URL = "https://github.com/jhconning/Dev-II/blob/master/notebooks/data/"
try:
# if previously downloaded to directory ``data_dir``
df = pd.read_stata(data_dir + filename)
except:
# otherwise download from J. Conning's repo ...
# Escape to server shell (!) and use WGET to download to current directory
!wget -L "https://github.com/jhconning/Dev-II/blob/master/notebooks/data/country.dta?raw=true" -O country.dta
# import data as a Pandas dataframe:
df = pd.read_stata("country.dta")
# then write/save to directory ``data_dir``
df.to_stata(data_dir + filename,
write_index=False, version=117)
# Display dataframe content
df
isocode | country | cont | ggdp | gpop | open60 | sav60 | lxrd60 | lxrdav | savav | openav | lgdp60 | lpop60 | |
---|---|---|---|---|---|---|---|---|---|---|---|---|---|
0 | GHA | Ghana | Africa | 2.990764 | 2.577389 | 67.866135 | 60.527485 | 0.852252 | 0.600432 | 13.394326 | 42.227081 | -0.634748 | 1.939933 |
1 | MAR | Morocco | Africa | 2.453598 | 2.214207 | 46.277290 | 9.332626 | 0.503584 | 0.918777 | 11.590545 | 47.401264 | 0.515019 | 2.519584 |
2 | COM | Comoros | Africa | -0.014582 | 2.878329 | 57.538712 | 6.700409 | 1.902229 | 1.482772 | 11.446098 | 57.030586 | 0.555129 | -1.698821 |
3 | MLI | Mali | Africa | 0.755422 | 2.165016 | 42.134323 | 4.308089 | 1.916554 | 1.203254 | 8.405947 | 48.412022 | 0.020564 | 1.500997 |
4 | GAB | Gabon | Africa | 1.268704 | 2.521714 | 72.452179 | 20.357958 | 1.315058 | 0.710294 | 7.738871 | 94.919189 | 2.073140 | -0.807430 |
... | ... | ... | ... | ... | ... | ... | ... | ... | ... | ... | ... | ... | ... |
92 | CHL | Chile | S. America | 1.848451 | 1.730081 | 29.795073 | 29.349722 | 0.650374 | 0.655199 | 18.732784 | 43.862640 | 1.846538 | 2.026219 |
93 | DOM | Dominican Republic | S. America | 2.663763 | 2.374352 | 68.969223 | 5.131092 | 0.606269 | 0.755264 | 10.170477 | 76.201607 | 0.998264 | 1.172943 |
94 | BRB | Barbados | S. America | 1.812256 | 0.411359 | 98.748535 | 5.806423 | 1.417267 | 0.932263 | 4.997591 | 114.205284 | 2.162862 | -1.459558 |
95 | URY | Uruguay | S. America | 1.352161 | 0.688982 | 17.299664 | 14.389812 | 0.324334 | 0.583185 | 13.030991 | 33.351215 | 1.965475 | 0.928602 |
96 | PAN | Panama | S. America | 2.719175 | 2.262045 | 132.864792 | 14.117195 | 0.334513 | 0.488325 | 18.435352 | 155.472107 | 1.157346 | 0.137681 |
97 rows × 13 columns
The series of interest here are cross-country observations of
lgdp60
(the log of per-capita real GDP in the year 1960), and,ggdp
(the average growth rate between 1960 and 1990).
Let’s plot their relationship as scatterplots, clustered by:
all countries, and,
all countries excluding African continent countries.
1.2.1. All Countries#
g = sns.jointplot(x="lgdp60", y="ggdp",
data=df,
kind="reg",
color ="orange")
1.2.2. All but African countries#
g = sns.jointplot(x="lgdp60", y="ggdp",
data=df[df.cont !="Africa"],
kind="reg",
color ="green")
1.2.3. Exercise#
Comment on the two scatterplot above.
What does the last figure suggest about the possibility of some poorer countries catching up to the richer ones?

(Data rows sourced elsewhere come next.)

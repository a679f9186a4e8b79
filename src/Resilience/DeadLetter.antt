-- ===== src/Resilience/DeadLetter.antt =====
-- kernel/resilience.py, the dead-letter queue. A replayed call is its outcome on the original task;
-- nothing else touches the queue while it is awaited.
pub mod Mirror
pub mod Sequences
use hermes_kernel_v.Prelude.{
  ℕ, suc, ◌+◌, String, Bool, true, false, List, [], ◌∷◌, Option, none, some, if◌then◌else◌,
}
use hermes_kernel_v.Prelude.Dict
use hermes_kernel_v.Resilience.Domain.{
  Exc, Outcome, returned, raised, cancelled, DeadLetterStatus, pending, replayed, discarded,
  DeadLetterEntry,
}
use hermes_kernel_v.Resilience.Store.{
  put_dead_letter, get_dead_letter, update_dead_letter_status, with_status,
}
use hermes_kernel_v.Resilience.Store
use hermes_kernel_v.Resilience.Engine.{
  dead_letter_enqueued, ResilienceEngine, emit, metric, with_store,
}

module _ {Task : Type 0} where
  abbrev pub queue : DeadLetterEntry Task → ResilienceEngine Task → ResilienceEngine Task
  queue entry e = record e { dlq = Dict.put entry.entry_id entry e.dlq }

  unfoldable pub enqueue_dead_letter :
      Task
      → String
      → ℕ
      → String
      → ℕ
      → ResilienceEngine Task
      → DeadLetterEntry Task × ResilienceEngine Task
  unfolding emit metric put_dead_letter
  enqueue_dead_letter task error attempts eid now e =
      let entry : DeadLetterEntry Task = record {
        entry_id = eid;
        original_task = task;
        error = error;
        attempts = attempts;
        enqueued_at = now;
        last_attempt = none;
        status = pending;
      } in
      (
        entry,
        metric "res.dead_letter_enqueued" none (
            emit (dead_letter_enqueued eid error attempts)
              (with_store (put_dead_letter entry) (queue entry e))),
      )

  -- `self._dlq.get(entry_id)`, and the store's copy where the queue has none.
  unfoldable pub find_entry : String → ResilienceEngine Task → Option (DeadLetterEntry Task)
  unfolding get_dead_letter
  find_entry entry_id e = elim (Dict.get entry_id e.dlq) [
    | some entry ↦ some entry
    | none ↦ elim e.store [ none ↦ none | some s ↦ get_dead_letter entry_id s ]
  ]

  abbrev pub update_row :
      String → DeadLetterStatus → ℕ → ResilienceEngine Task → ResilienceEngine Task
  update_row entry_id status now =
      with_store (λ s. (update_dead_letter_status entry_id status (some now) s).0)

-- The result of a replay: `KeyError`, the value, the exception, or the cancellation.
pub data Replay {ℓ} (A : Type ℓ) : Type ℓ where
  not_found : Replay A
  value : A → Replay A
  failed : Exc → Replay A
  interrupted : Replay A

module _ {Task : Type 0} where
  -- The entry is the queue's own object, so a cancelled replay leaves its new `last_attempt` there.
  stamp : String → DeadLetterEntry Task → ResilienceEngine Task → ResilienceEngine Task
  stamp entry_id entry e = elim (Dict.get entry_id e.dlq) [
    | some _ ↦ record e { dlq = Dict.put entry_id entry e.dlq }
    | none ↦ e
  ]

module _ {Task : Type 0} {A : Type 0} where
  finish_replay :
      String
      → ℕ
      → DeadLetterEntry Task
      → Outcome A
      → ResilienceEngine Task
      → Replay A × ResilienceEngine Task
  unfolding stamp put_dead_letter update_dead_letter_status
  finish_replay entry_id now entry (returned r) e = (
    value r,
    update_row entry_id replayed now
        (record e { dlq = Dict.put entry_id (record entry { status = replayed }) e.dlq }),
  )
  finish_replay entry_id now entry (raised exc) e =
      let entry' = record entry { attempts = entry.attempts + 1 } in
      (
        failed exc,
        with_store (put_dead_letter entry')
            (update_row entry_id pending now (record e { dlq = Dict.put entry_id entry' e.dlq })),
      )
  finish_replay entry_id now entry cancelled e = (interrupted, stamp entry_id entry e)

  unfoldable pub replay_dead_letter :
      String → (Task → Outcome A) → ℕ → ResilienceEngine Task → Replay A × ResilienceEngine Task
  unfolding finish_replay find_entry
  replay_dead_letter entry_id factory now e = elim (find_entry entry_id e) [
    | none ↦ (not_found, e)
    | some entry ↦
        finish_replay entry_id now (record entry { last_attempt = some now })
          (factory entry.original_task) e
  ]

module _ {Task : Type 0} where
  unfoldable pub discard_dead_letter :
      String → ℕ → ResilienceEngine Task → Bool × ResilienceEngine Task
  unfolding find_entry update_dead_letter_status
  discard_dead_letter entry_id now e = elim (find_entry entry_id e) [
    | none ↦ (false, e)
    | some entry ↦ (
      true,
      update_row entry_id discarded now
          (record e { dlq = Dict.put entry_id (record entry { status = discarded }) e.dlq }),
    )
  ]

  unfoldable pub list_dead_letter :
      Option DeadLetterStatus → ResilienceEngine Task → List (DeadLetterEntry Task)
  unfolding Store.list_dead_letter
  list_dead_letter status e = elim e.store [
    | some s ↦ Store.list_dead_letter status s
    | none ↦ with_status status (Dict.values e.dlq)
  ]
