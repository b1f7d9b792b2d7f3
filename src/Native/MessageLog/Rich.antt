-- ===== src/Native/MessageLog/Rich.antt =====
-- Rich messages in the log: which agent message their text goes to (lib/native/message_log.go).
use agentapi.Prelude.{
  ℕ, zero, suc, ◌≡◌, refl, ap, sym, ◌∙◌, true, List, [], ◌∷◌, ◌++◌, Option, none, some, arith,
  String, eq_iff, string_eq, Text, text_eq_iff, modify_at, get_elem?, inl, inr, Option-cases,
  Bool-cases, dict_get, dict_put, is_empty, contains_func, str_eq, text_eq, join, ◌||◌, Bool, false,
  nat_eq,
}
use agentapi.Transcript.{RichMessage}
use agentapi.Native.MessageLog.{
  Message, RichPart, MessageLog, index, add_rich, set_part, assistant_text, joined_text, has_text,
  part_texts, parts_of, blank_line,
}

abbrev pub ids : List Message → List ℕ
ids [] = []
ids (m ∷ ms) = m.id ∷ ids ms

-- The text of the message at an index.
abbrev pub text_at : ℕ → List Message → Option Text
text_at i ms = elim (get_elem? ms i) [ none ↦ none | some m ↦ some m.text ]

ids-retext :
    (i : ℕ) (text : Text) (ms : List Message)
    → ids (modify_at i (λ m. record m { text = text }) ms) ≡ ids ms
ids-retext i text [] = refl
ids-retext zero text (x ∷ xs) = refl
ids-retext (suc i) text (x ∷ xs) = ap (λ r. x.id ∷ r) (ids-retext i text xs)

index-retext :
    (id i : ℕ) (text : Text) (ms : List Message)
    → index id (modify_at i (λ m. record m { text = text }) ms) ≡ index id ms
unfolding index
index-retext id i text [] = refl
index-retext id zero text (x ∷ xs) = refl
index-retext id (suc i) text (x ∷ xs) = rw (index-retext id i text xs, index)

index-found :
    (id i : ℕ) (ms : List Message)
    → index id ms ≡ some i
    → (m : Message) × (get_elem? ms i ≡ some m)
unfolding index
index-found id i [] e = absurd (ground arith)
index-found id zero (m ∷ ms) e = (m, refl)
index-found id (suc i) (m ∷ ms) e = index-found id i ms (ground (arith, Option-cases (index id ms)))

text_at-retext :
    (i : ℕ) (text : Text) (ms : List Message) {m : Message}
    → get_elem? ms i ≡ some m
    → text_at i (modify_at i (λ m. record m { text = text }) ms) ≡ some text
text_at-retext i text [] e = absurd (ground arith)
text_at-retext zero text (x ∷ xs) e = refl
text_at-retext (suc i) text (x ∷ xs) e = text_at-retext i text xs e

-- What `set_part` leaves: the part under its key, the other fields as they were, and the text of
-- the part's message, if it is in the log, joined anew.
record Placed (t t' : MessageLog) (key : String) (id : ℕ) (text : Text) : Type 0 where
  part : dict_get key t'.rich ≡ some (record { msg = id; text = text })
  same_ids : ids t'.messages ≡ ids t.messages
  same_next : t'.next_id ≡ t.next_id
  same_building : t'.building ≡ t.building
  same_texts : t'.texts ≡ t.texts
  rich : t'.rich ≡ dict_put key (record { msg = id; text = text }) t.rich
  current :
      (i : ℕ) → index id t'.messages ≡ some i → text_at i t'.messages ≡ some (joined_text t' id)

abbrev marked : MessageLog → String → ℕ → Text → MessageLog
marked t key id text = record t { rich = dict_put key (record { msg = id; text = text }) t.rich }

part_put :
    (t : MessageLog) (key : String) (id : ℕ) (text : Text)
    → dict_get key (marked t key id text).rich ≡ some (record { msg = id; text = text })
part_put t key id text = ground (arith, (eq_iff key key).1 refl)

has_text-text_at :
    (i : ℕ) (text : Text) (ms : List Message) → has_text i text ms ≡ true → text_at i ms ≡ some text
unfolding has_text
has_text-text_at i text [] h = cc
has_text-text_at zero text (x ∷ xs) h = ap some ((text_eq_iff x.text text).0 h)
has_text-text_at (suc i) text (x ∷ xs) h = has_text-text_at i text xs h

index_unique : {i j : ℕ} {o : Option ℕ} → o ≡ some i → o ≡ some j → j ≡ i
index_unique p q = ground arith

-- What a write of the joined text at the index of the part's message leaves.
write-Placed :
    (t : MessageLog) (key : String) (id i : ℕ) (text : Text)
    → index id t.messages ≡ some i
    → let t' = marked t key id text in
      Placed t
        (record t' {
          messages = modify_at i (λ m. record m { text = joined_text t' id }) t'.messages;
        })
        key
        id
        text
unfolding joined_text
write-Placed t key id i text e = record {
  part = part_put t key id text;
  same_ids = ids-retext i _ t.messages;
  same_next = refl;
  same_building = refl;
  same_texts = refl;
  rich = refl;
  current = λ j q.
      rw (index_unique e (sym (index-retext id i _ t.messages) ∙ q))
        (text_at-retext i _ t.messages (index-found id i t.messages e).1);
}

set_part-Placed :
    (t : MessageLog) (key : String) (id : ℕ) (text : Text)
    → Placed t (set_part t key id text).0 key id text
unfolding set_part
set_part-Placed t key id text = elim (Option-cases (index id t.messages)) [
  | inl e ↦
      rw (e, set_part)
        (record {
          part = part_put t key id text;
          same_ids = refl;
          same_next = refl;
          same_building = refl;
          same_texts = refl;
          rich = refl;
          current = λ i q. cc;
        })
  | inr (i, e) ↦ elim (Bool-cases (has_text i (joined_text (marked t key id text) id) t.messages)) [
    | inr new ↦ rw (e, set_part) (rw new (write-Placed t key id i text e))
    | inl same ↦
        rw (e, set_part)
          (rw same (record {
            part = part_put t key id text;
            same_ids = refl;
            same_next = refl;
            same_building = refl;
            same_texts = refl;
            rich = refl;
            current = λ j q. rw (index_unique e q) (has_text-text_at i _ t.messages same);
          }))
  ]
]

text_refl : (t : Text) → text_eq t t ≡ true
text_refl t = (text_eq_iff t t).1 refl

-- A part with a text is among the texts of the parts.
part_texts-has :
    (key : String) (keys : List String) (rich : List (String × RichPart)) (p : RichPart)
    → dict_get key rich ≡ some p
    → is_empty p.text ≡ false
    → contains_func (λ k. str_eq k key) keys ≡ true
    → contains_func (λ t. text_eq t p.text) (part_texts keys rich) ≡ true
unfolding part_texts
part_texts-has key [] rich p e has c = absurd (ground arith)
part_texts-has key (k ∷ keys) rich p e has c = elim (Bool-cases (str_eq k key)) [
  | inl here ↦
      let eq : k ≡ key = (eq_iff k key).0 here in
      let found : dict_get k rich ≡ some p = rw eq e in
      rw (found, part_texts) (rw has (ground (arith, text_refl p.text)))
  | inr there ↦
      let rest = part_texts-has key keys rich p e has (ground arith) in
      elim (Option-cases (dict_get k rich)) [
        | inl gone ↦ rw (gone, part_texts) rest
        | inr (q, found) ↦ elim (Bool-cases (is_empty q.text)) [
          | inl empty ↦ rw (found, part_texts) (rw empty rest)
          | inr some_text ↦ rw (found, part_texts) (rw some_text (ground (arith, rest)))
        ]
      ]
]

-- The text `text` of the part `key` is empty, or among the texts that the parts `keys` of an agent
-- message have in the log.
abbrev pub is_among : Text → List String → MessageLog → Bool
is_among text keys t = is_empty text || contains_func (λ u. text_eq u text) (part_texts keys t.rich)

among :
    (key : String) (keys : List String) (t : MessageLog) (p : RichPart)
    → dict_get key t.rich ≡ some p
    → contains_func (λ k. str_eq k key) keys ≡ true
    → is_among p.text keys t ≡ true
among key keys t p e c = elim (Bool-cases (is_empty p.text)) [
  | inl empty ↦ rw empty refl
  | inr has ↦ rw has (part_texts-has key keys t.rich p e has c)
]

-- A rich message that is one of the parts of an agent message stays with it, also when the user has
-- said something since: no message is added, the parts of the agent messages and the other rich
-- messages stay, this one has its latest text, and if the agent message is in the log, its text is
-- the texts of its parts, joined by blank lines, this one's latest among them unless it is empty.
pub add_rich-keeps :
    (t : MessageLog) (msg : RichMessage) (now : ℕ) (p : RichPart)
    → dict_get msg.message_id t.rich ≡ some p
    → contains_func (λ k. str_eq k msg.message_id) (parts_of p.msg t.texts) ≡ true
    → let t' = (add_rich t msg now).0 in
      let parts = parts_of p.msg t.texts in
      (ids t'.messages ≡ ids t.messages)
      × (t'.next_id ≡ t.next_id)
      × (t'.texts ≡ t.texts)
      × (t'.rich
          ≡ dict_put msg.message_id (record { msg = p.msg; text = assistant_text msg }) t.rich)
      × ((i : ℕ)
          → index p.msg t'.messages ≡ some i
          → text_at i t'.messages ≡ some (join blank_line (part_texts parts t'.rich)))
      × (is_among (assistant_text msg) parts t' ≡ true)
unfolding add_rich joined_text
add_rich-keeps t msg now p e tied =
    let text = assistant_text msg in
    let placed = set_part-Placed t msg.message_id p.msg text in
    rw (e, add_rich)
      (
        placed.same_ids,
        placed.same_next,
        placed.same_texts,
        placed.rich,
        λ i found.
            placed.current i found
            ∙ ap
                (λ keys. some (
                  join blank_line (
                    part_texts (parts_of p.msg keys)
                      (set_part t msg.message_id p.msg text).0.rich)))
                placed.same_texts,
        among msg.message_id (parts_of p.msg t.texts) (set_part t msg.message_id p.msg text).0
            (record { msg = p.msg; text = text }) placed.part tied,
      )

-- The Id of the agent message being built, or the one it would get.
abbrev pub agent_id : MessageLog → ℕ
agent_id t = elim t.building [ none ↦ t.next_id | some id ↦ id ]

-- The Ids in the log with that of the agent message.
abbrev pub ids_with_agent : MessageLog → List ℕ
ids_with_agent t = elim t.building [
  | none ↦ ids t.messages ++ t.next_id ∷ []
  | some id ↦ ids t.messages
]

-- The parts of the agent message being built, none for one yet to start.
abbrev pub agent_parts : MessageLog → List String
agent_parts t = elim t.building [ none ↦ [] | some id ↦ parts_of id t.texts ]

-- What the first text of a rich message leaves, when it is not empty.
abbrev pub Joined : MessageLog → RichMessage → MessageLog → Type 0
Joined t msg t' =
    let parts = agent_parts t ++ msg.message_id ∷ [] in
    (dict_get msg.message_id t'.rich
      ≡ some (record { msg = agent_id t; text = assistant_text msg }))
    × (ids t'.messages ≡ ids_with_agent t)
    × (t'.building ≡ some (agent_id t))
    × (parts_of (agent_id t) t'.texts ≡ parts)
    × ((i : ℕ)
        → index (agent_id t) t'.messages ≡ some i
        → text_at i t'.messages ≡ some (join blank_line (part_texts parts t'.rich)))
    × (is_among (assistant_text msg) parts t' ≡ true)
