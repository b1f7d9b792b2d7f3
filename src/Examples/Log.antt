-- ===== src/Examples/Log.antt =====
-- Examples of the theorems about requests and about the message log of lib/native.
use agentapi.Prelude.{
  ℕ, ◌≡◌, refl, true, false, [], ◌∷◌, none, some, codes, dict_put, join, string_eq, Text,
}
use agentapi.Transcript.{RichMessage}
use agentapi.Native.Types.{Request, RequestKind, ResponseCapability, Response}
use agentapi.Native.Requests.{RequestStatus, RequestState, RequestClose, RequestBook}
use agentapi.Native.MessageLog.{
  MessageLog, append_user, remove, add_rich, assistant_text, index, part_texts, blank_line,
}
use agentapi.Native.MessageLog.Ids.{IsOrdered, append-remove, add_rich-IsOrdered}
use agentapi.Native.MessageLog.Rich.{add_rich-keeps, is_among, ids, text_at}
use agentapi.Examples.{some_messages, some_messages-IsOrdered, fix_it}

abbrev an_approval : Request
an_approval = record {
  id = "r1";
  kind = RequestKind.approval;
  title = "";
  detail = "";
  tool_name = "";
  tool_use_id = "";
  input = "";
  options = [];
  questions = [];
  feedback = false;
  capability = ResponseCapability.live;
  created_at = 5;
}

abbrev asked : RequestState
asked = record {
  request = an_approval;
  status = RequestStatus.pending;
  response = none;
  closed_at = none;
}

abbrev one_request : RequestBook
one_request = record { requests = asked ∷ []; answering = [] }

abbrev withdrawing : RequestClose
withdrawing = record {
  status = RequestStatus.withdrawn;
  capability = ResponseCapability.not_resumable;
}

abbrev expiring : RequestClose
expiring = record { status = RequestStatus.expired; capability = ResponseCapability.not_resumable }

abbrev allow : Response
allow = record { option_id = "allow"; answers = []; text = "" }

append-remove_example :
    let (t, id) = append_user some_messages fix_it 40 in
    remove t id ≡ record some_messages { building = none }
append-remove_example = append-remove some_messages fix_it 40 some_messages-IsOrdered

abbrev a_rich_message : Text → RichMessage
a_rich_message text = record {
  message_id = "m1";
  role = "assistant";
  content =
      (record {
        kind = "text";
        text = text;
        thinking = [];
        tool_use_id = "";
        tool_name = "";
        tool_input = "";
        status = "";
        is_error = none;
        images = [];
      })
      ∷ [];
  model = "";
  stop_reason = "";
  usage = none;
  timestamp = 40;
  task_id = none;
}

add_rich-IsOrdered_example : IsOrdered (add_rich some_messages (a_rich_message (codes "done")) 40).0
add_rich-IsOrdered_example =
    add_rich-IsOrdered some_messages (a_rich_message (codes "done")) 40 some_messages-IsOrdered

abbrev with_part : MessageLog
with_part = record some_messages {
  messages = some_messages.messages;
  texts = (0, "m1" ∷ []) ∷ [];
  rich = ("m1", record { msg = 0; text = codes "hello" }) ∷ [];
}

add_rich-keeps_example :
    let t' = (add_rich with_part (a_rich_message (codes "hello you")) 40).0 in
    (ids t'.messages ≡ 0 ∷ [])
    × (t'.next_id ≡ 1)
    × (t'.texts ≡ with_part.texts)
    × (t'.rich
        ≡ dict_put "m1"
            (record { msg = 0; text = assistant_text (a_rich_message (codes "hello you")) })
            with_part.rich)
    × ((i : ℕ)
        → index 0 t'.messages ≡ some i
        → text_at i t'.messages ≡ some (join blank_line (part_texts ("m1" ∷ []) t'.rich)))
    × (is_among (assistant_text (a_rich_message (codes "hello you"))) ("m1" ∷ []) t' ≡ true)
add_rich-keeps_example =
    add_rich-keeps with_part (a_rich_message (codes "hello you")) 40
      (record { msg = 0; text = codes "hello" }) refl refl
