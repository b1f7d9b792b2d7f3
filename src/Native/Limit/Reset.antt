-- ===== src/Native/Limit/Reset.antt =====
-- When the limits that the account reached reset, and the stop that a limit leaves
-- (`reachedLimitReset` and `limitStoppedLocked` of lib/native/limit.go).
use agentapi.Prelude.{
  ℕ, ◌≤◌, ◌≡◌, ◌||◌, List, [], ◌∷◌, Option, none, some, arith, str_eq, if◌then◌else◌, ◌⊎◌, inl, inr,
  refl, Bool-cases,
}
use agentapi.Native.Types.{TurnResult, AgentUsage, RateLimit}
use agentapi.Native.State.{LimitStop, Conversation, set_limit_stop}
use agentapi.Native.Limit.{
  limit_stopped, continue_at_reset, reached_limit_reset, reset_from, later_reset,
}

-- The reset time of a limit, if the account reached it and the agent says when it resets.
abbrev pub reached_reset : RateLimit → Option ℕ
reached_reset l = if str_eq l.status "rejected" || l.full then l.resets_at else none

-- A time is at most another; no time is at most any, and none is at least a time.
abbrev pub Within : Option ℕ → Option ℕ → Type 0
Within none o = Unit {0}
Within (some at) none = ⊥
Within (some at) (some t) = at ≤ t

-- No reached limit of the list resets after the time; with `none`, none says when it resets.
abbrev pub NoneLater : Option ℕ → List RateLimit → Type 0
NoneLater o [] = Unit {0}
NoneLater o (l ∷ ls) = Within (reached_reset l) o × NoneLater o ls

-- Some reached limit of the list resets at the time.
abbrev pub SomeAt : ℕ → List RateLimit → Type 0
SomeAt t [] = ⊥
SomeAt t (l ∷ ls) = (reached_reset l ≡ some t) ⊎ SomeAt t ls

Within-trans : (a b c : Option ℕ) → Within a b → Within b c → Within a c
Within-trans none b c p q = tt
Within-trans (some x) none c p q = absurd p
Within-trans (some x) (some y) none p q = absurd q
Within-trans (some x) (some y) (some z) p q = omega arith

Within-later : (o : Option ℕ) (l : RateLimit) → Within o (later_reset o l)
unfolding later_reset
Within-later o l = ground arith

reached-later : (o : Option ℕ) (l : RateLimit) → Within (reached_reset l) (later_reset o l)
unfolding later_reset
reached-later o l = ground arith

Within-reset_from : (o : Option ℕ) (ls : List RateLimit) → Within o (reset_from o ls)
unfolding reset_from
Within-reset_from none ls = tt
Within-reset_from (some t) [] = omega arith
Within-reset_from (some t) (l ∷ ls) =
    Within-trans (some t) (later_reset (some t) l) (reset_from (later_reset (some t) l) ls)
      (Within-later (some t) l) (Within-reset_from (later_reset (some t) l) ls)

reset_from-NoneLater : (o : Option ℕ) (ls : List RateLimit) → NoneLater (reset_from o ls) ls
unfolding reset_from
reset_from-NoneLater o [] = tt
reset_from-NoneLater o (l ∷ ls) = (
  Within-trans (reached_reset l) (later_reset o l) (reset_from (later_reset o l) ls)
      (reached-later o l) (Within-reset_from (later_reset o l) ls),
  reset_from-NoneLater (later_reset o l) ls,
)

later_reset-from :
    (o : Option ℕ) (l : RateLimit) (t : ℕ)
    → later_reset o l ≡ some t
    → (o ≡ some t) ⊎ (reached_reset l ≡ some t)
unfolding later_reset
later_reset-from o l t e = ground arith

reset_from-SomeAt :
    (o : Option ℕ) (ls : List RateLimit) (t : ℕ)
    → reset_from o ls ≡ some t
    → (o ≡ some t) ⊎ SomeAt t ls
unfolding reset_from
reset_from-SomeAt o [] t e = inl e
reset_from-SomeAt o (l ∷ ls) t e = elim (reset_from-SomeAt (later_reset o l) ls t e) [
  | inr s ↦ inr (inr s)
  | inl e' ↦ elim (later_reset-from o l t e') [ inl p ↦ inl p | inr p ↦ inr (inl p) ]
]

reached_limit_reset-latest :
    (u : AgentUsage)
    → NoneLater (reached_limit_reset u) u.rate_limits
      × ((t : ℕ) → reached_limit_reset u ≡ some t → SomeAt t u.rate_limits)
unfolding reached_limit_reset
reached_limit_reset-latest u = (
  reset_from-NoneLater none u.rate_limits,
  λ t e. elim (reset_from-SomeAt none u.rate_limits t e) [
    | inl p ↦ absurd (ground arith)
    | inr s ↦ s
  ],
)

-- When a stop resets: at the time that the turn's result says, and if it says none, at that of a
-- limit the account reached, such that no limit it reached resets later, or at no known time if no
-- reached limit has one.
abbrev pub Resets : Option ℕ → AgentUsage → Option ℕ → Type 0
Resets (some at) u o = o ≡ some at
Resets none u o = NoneLater o u.rate_limits × ((t : ℕ) → o ≡ some t → SomeAt t u.rate_limits)

Resets-of :
    (said : Option ℕ) (u : AgentUsage)
    → Resets said u (elim said [ none ↦ reached_limit_reset u | some at ↦ some at ])
Resets-of none u = reached_limit_reset-latest u
Resets-of (some at) u = refl

-- A turn that a limit stopped leaves a stop with the result's error, at that time. It resets when
-- the result says; if the result does not say, at the time of a limit the account reached, such that
-- no limit it reached resets later, or at no known time if no reached limit has one. A continuation
-- is scheduled only if the configuration or the stopped continuation asks for it, a minute after
-- that time.
pub limit_stopped-Resets :
    (result : TurnResult) (now : ℕ) (c : Conversation)
    → (ls : LimitStop) × ((limit_stopped result now c).limit_stop ≡ some ls)
      × (ls.message ≡ result.error)
      × (ls.stopped_at ≡ now)
      × Resets result.resets_at c.usage ls.resets_at
      × (ls.continue_at
          ≡ (if c.cfg.auto_continue || c.continue_again then continue_at_reset (some ls) else none))
unfolding limit_stopped set_limit_stop continue_at_reset
limit_stopped-Resets result now c =
    let o : Option ℕ = elim result.resets_at [
      | none ↦ reached_limit_reset c.usage
      | some at ↦ some at
    ] in
    let r : Resets result.resets_at c.usage o = Resets-of result.resets_at c.usage in
    let stop : LimitStop = record {
      message = result.error;
      stopped_at = now;
      resets_at = o;
      continue_at = none;
    } in
    let again : LimitStop = record stop { continue_at = continue_at_reset (some stop) } in
    elim (Bool-cases (c.cfg.auto_continue || c.continue_again)) [
      | inl on ↦ (again, ground (arith, on), refl, refl, r, rw on refl)
      | inr off ↦ (stop, ground (arith, off), refl, refl, r, rw off refl)
    ]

What is conditional convergence in cross-country incomes per capita?
How do economists (Robert Barro) take the casual, scatterplot motivations above to find evidence of conditional convergence?
Provide a detailed discussion of the empirical method and model and the evidence discovered.
1.3. Further reading#
Quah [21] uses data from a large number of countries to analyze the dynamics of cross-country income inequality and economic growth. He was the first to document the “emerging twin-peaks” phenomenon in the cross-sectional distribution of income across countries. See also the survey article by Jones [12].
Acemoglu, Johnson, and Robinson [2] suggest that the world income distribution underwent a ‘reversal of fortune’ from 1500 to the present. In their study, they claim that formerly rich countries in the current developing world became poor while some poor countries had grown rich. They hypothesize that this reversal was driven by changes in institutions arising from European colonialism. (The authors use data on urbanization patterns and population density, arguing that these are good proxies for economic prosperity.) Acemoglu, Naidu, Restrepo, and Robinson [3] make a further causal claim that democracy is an important institution that has a positive effect on GDP per capita.